▸ Requirement
When you reach the line in the data below that contains "-- customValue_ ?", please start repeating lines exactly, and stop after the line that contains "custom_size s = elim", repeating nothing else.

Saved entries
--- --- ---

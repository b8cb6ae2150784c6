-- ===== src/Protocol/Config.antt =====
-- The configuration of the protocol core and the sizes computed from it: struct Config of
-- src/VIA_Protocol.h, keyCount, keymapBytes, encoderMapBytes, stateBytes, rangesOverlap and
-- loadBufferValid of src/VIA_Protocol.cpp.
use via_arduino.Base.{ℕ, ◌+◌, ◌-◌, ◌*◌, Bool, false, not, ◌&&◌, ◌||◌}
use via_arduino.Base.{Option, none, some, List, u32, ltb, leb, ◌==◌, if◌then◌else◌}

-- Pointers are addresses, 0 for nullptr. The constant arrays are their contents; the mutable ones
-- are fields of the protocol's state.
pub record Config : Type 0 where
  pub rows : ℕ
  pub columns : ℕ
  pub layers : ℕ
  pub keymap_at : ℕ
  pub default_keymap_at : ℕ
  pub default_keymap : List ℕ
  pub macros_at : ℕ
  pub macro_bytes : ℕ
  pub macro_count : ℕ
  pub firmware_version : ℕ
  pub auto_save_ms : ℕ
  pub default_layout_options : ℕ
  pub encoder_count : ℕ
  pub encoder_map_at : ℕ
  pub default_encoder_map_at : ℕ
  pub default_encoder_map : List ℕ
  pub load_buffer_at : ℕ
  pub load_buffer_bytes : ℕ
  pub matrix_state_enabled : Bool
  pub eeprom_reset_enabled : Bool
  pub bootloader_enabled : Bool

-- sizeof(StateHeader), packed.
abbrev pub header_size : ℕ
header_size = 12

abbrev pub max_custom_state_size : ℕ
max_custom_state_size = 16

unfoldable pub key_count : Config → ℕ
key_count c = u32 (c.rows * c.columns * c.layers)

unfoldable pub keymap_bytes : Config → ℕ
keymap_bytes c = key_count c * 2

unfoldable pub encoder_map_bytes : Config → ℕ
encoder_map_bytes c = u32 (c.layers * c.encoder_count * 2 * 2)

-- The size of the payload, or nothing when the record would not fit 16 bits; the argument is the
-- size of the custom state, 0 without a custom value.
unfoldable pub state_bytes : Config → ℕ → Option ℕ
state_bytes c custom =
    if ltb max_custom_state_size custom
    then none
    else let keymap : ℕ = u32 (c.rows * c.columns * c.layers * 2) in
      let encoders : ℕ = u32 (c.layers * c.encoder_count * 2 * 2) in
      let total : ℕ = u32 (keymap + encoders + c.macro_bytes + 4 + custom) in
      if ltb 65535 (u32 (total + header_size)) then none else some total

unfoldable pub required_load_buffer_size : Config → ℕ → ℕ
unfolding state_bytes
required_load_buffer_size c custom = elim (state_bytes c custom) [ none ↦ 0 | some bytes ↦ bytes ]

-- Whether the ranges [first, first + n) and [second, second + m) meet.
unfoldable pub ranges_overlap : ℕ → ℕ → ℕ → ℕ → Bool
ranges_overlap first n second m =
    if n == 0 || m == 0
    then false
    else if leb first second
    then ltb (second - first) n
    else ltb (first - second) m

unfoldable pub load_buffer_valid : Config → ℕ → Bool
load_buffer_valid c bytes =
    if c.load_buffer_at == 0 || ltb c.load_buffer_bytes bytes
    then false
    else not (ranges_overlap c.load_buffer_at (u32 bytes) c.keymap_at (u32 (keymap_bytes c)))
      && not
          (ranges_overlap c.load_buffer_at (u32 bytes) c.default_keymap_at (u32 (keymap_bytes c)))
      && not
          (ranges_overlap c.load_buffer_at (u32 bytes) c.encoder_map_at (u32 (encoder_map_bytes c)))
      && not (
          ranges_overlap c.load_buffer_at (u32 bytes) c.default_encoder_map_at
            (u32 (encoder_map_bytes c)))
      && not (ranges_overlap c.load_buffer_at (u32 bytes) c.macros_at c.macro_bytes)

--- --- ---

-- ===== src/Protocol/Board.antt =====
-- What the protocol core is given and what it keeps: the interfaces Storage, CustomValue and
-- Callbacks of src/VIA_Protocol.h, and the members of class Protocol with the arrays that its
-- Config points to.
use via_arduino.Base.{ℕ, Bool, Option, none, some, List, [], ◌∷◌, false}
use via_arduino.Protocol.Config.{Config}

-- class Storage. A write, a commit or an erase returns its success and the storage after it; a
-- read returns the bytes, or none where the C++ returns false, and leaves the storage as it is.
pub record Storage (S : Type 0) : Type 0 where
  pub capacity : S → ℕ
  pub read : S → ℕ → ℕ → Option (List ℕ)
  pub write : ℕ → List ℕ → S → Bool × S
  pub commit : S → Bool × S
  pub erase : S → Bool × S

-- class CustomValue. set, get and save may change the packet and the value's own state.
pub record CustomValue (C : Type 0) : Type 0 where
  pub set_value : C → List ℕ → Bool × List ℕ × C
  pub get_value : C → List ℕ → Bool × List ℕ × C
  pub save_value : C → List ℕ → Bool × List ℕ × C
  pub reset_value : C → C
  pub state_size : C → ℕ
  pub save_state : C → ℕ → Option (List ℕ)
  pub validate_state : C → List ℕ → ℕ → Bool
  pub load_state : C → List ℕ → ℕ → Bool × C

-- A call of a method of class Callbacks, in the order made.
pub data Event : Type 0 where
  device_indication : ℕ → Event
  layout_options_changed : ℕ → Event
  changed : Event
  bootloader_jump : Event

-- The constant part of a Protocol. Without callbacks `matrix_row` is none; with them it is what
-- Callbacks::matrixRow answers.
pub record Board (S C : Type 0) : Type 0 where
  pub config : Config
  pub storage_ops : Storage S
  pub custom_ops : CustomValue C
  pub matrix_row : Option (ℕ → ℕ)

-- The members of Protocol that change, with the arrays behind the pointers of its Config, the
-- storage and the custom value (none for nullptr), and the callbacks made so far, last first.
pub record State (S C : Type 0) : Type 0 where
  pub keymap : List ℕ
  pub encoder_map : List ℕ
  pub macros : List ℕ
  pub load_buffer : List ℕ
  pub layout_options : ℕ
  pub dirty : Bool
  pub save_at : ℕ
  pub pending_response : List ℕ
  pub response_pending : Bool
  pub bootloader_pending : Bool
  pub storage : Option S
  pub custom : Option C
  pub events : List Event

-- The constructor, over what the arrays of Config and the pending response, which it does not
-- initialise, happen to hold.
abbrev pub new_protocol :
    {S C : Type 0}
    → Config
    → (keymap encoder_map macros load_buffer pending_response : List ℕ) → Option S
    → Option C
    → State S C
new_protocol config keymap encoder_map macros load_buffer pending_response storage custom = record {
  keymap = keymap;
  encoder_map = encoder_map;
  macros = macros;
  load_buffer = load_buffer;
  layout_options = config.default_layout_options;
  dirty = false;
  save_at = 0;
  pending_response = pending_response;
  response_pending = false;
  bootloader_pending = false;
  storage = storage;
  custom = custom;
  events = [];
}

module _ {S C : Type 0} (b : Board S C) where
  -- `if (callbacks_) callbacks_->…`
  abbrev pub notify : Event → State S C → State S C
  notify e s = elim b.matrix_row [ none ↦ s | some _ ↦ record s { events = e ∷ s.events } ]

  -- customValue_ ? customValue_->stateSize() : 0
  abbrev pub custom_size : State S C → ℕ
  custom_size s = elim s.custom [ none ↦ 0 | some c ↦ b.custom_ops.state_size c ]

--- --- ---

▸ Solution below
  -- customValue_ ? customValue_->stateSize() : 0
  abbrev pub custom_size : State S C → ℕ
  custom_size s = elim s.custom [ none ↦ 0 | some c ↦ b.custom_ops.state_size c ]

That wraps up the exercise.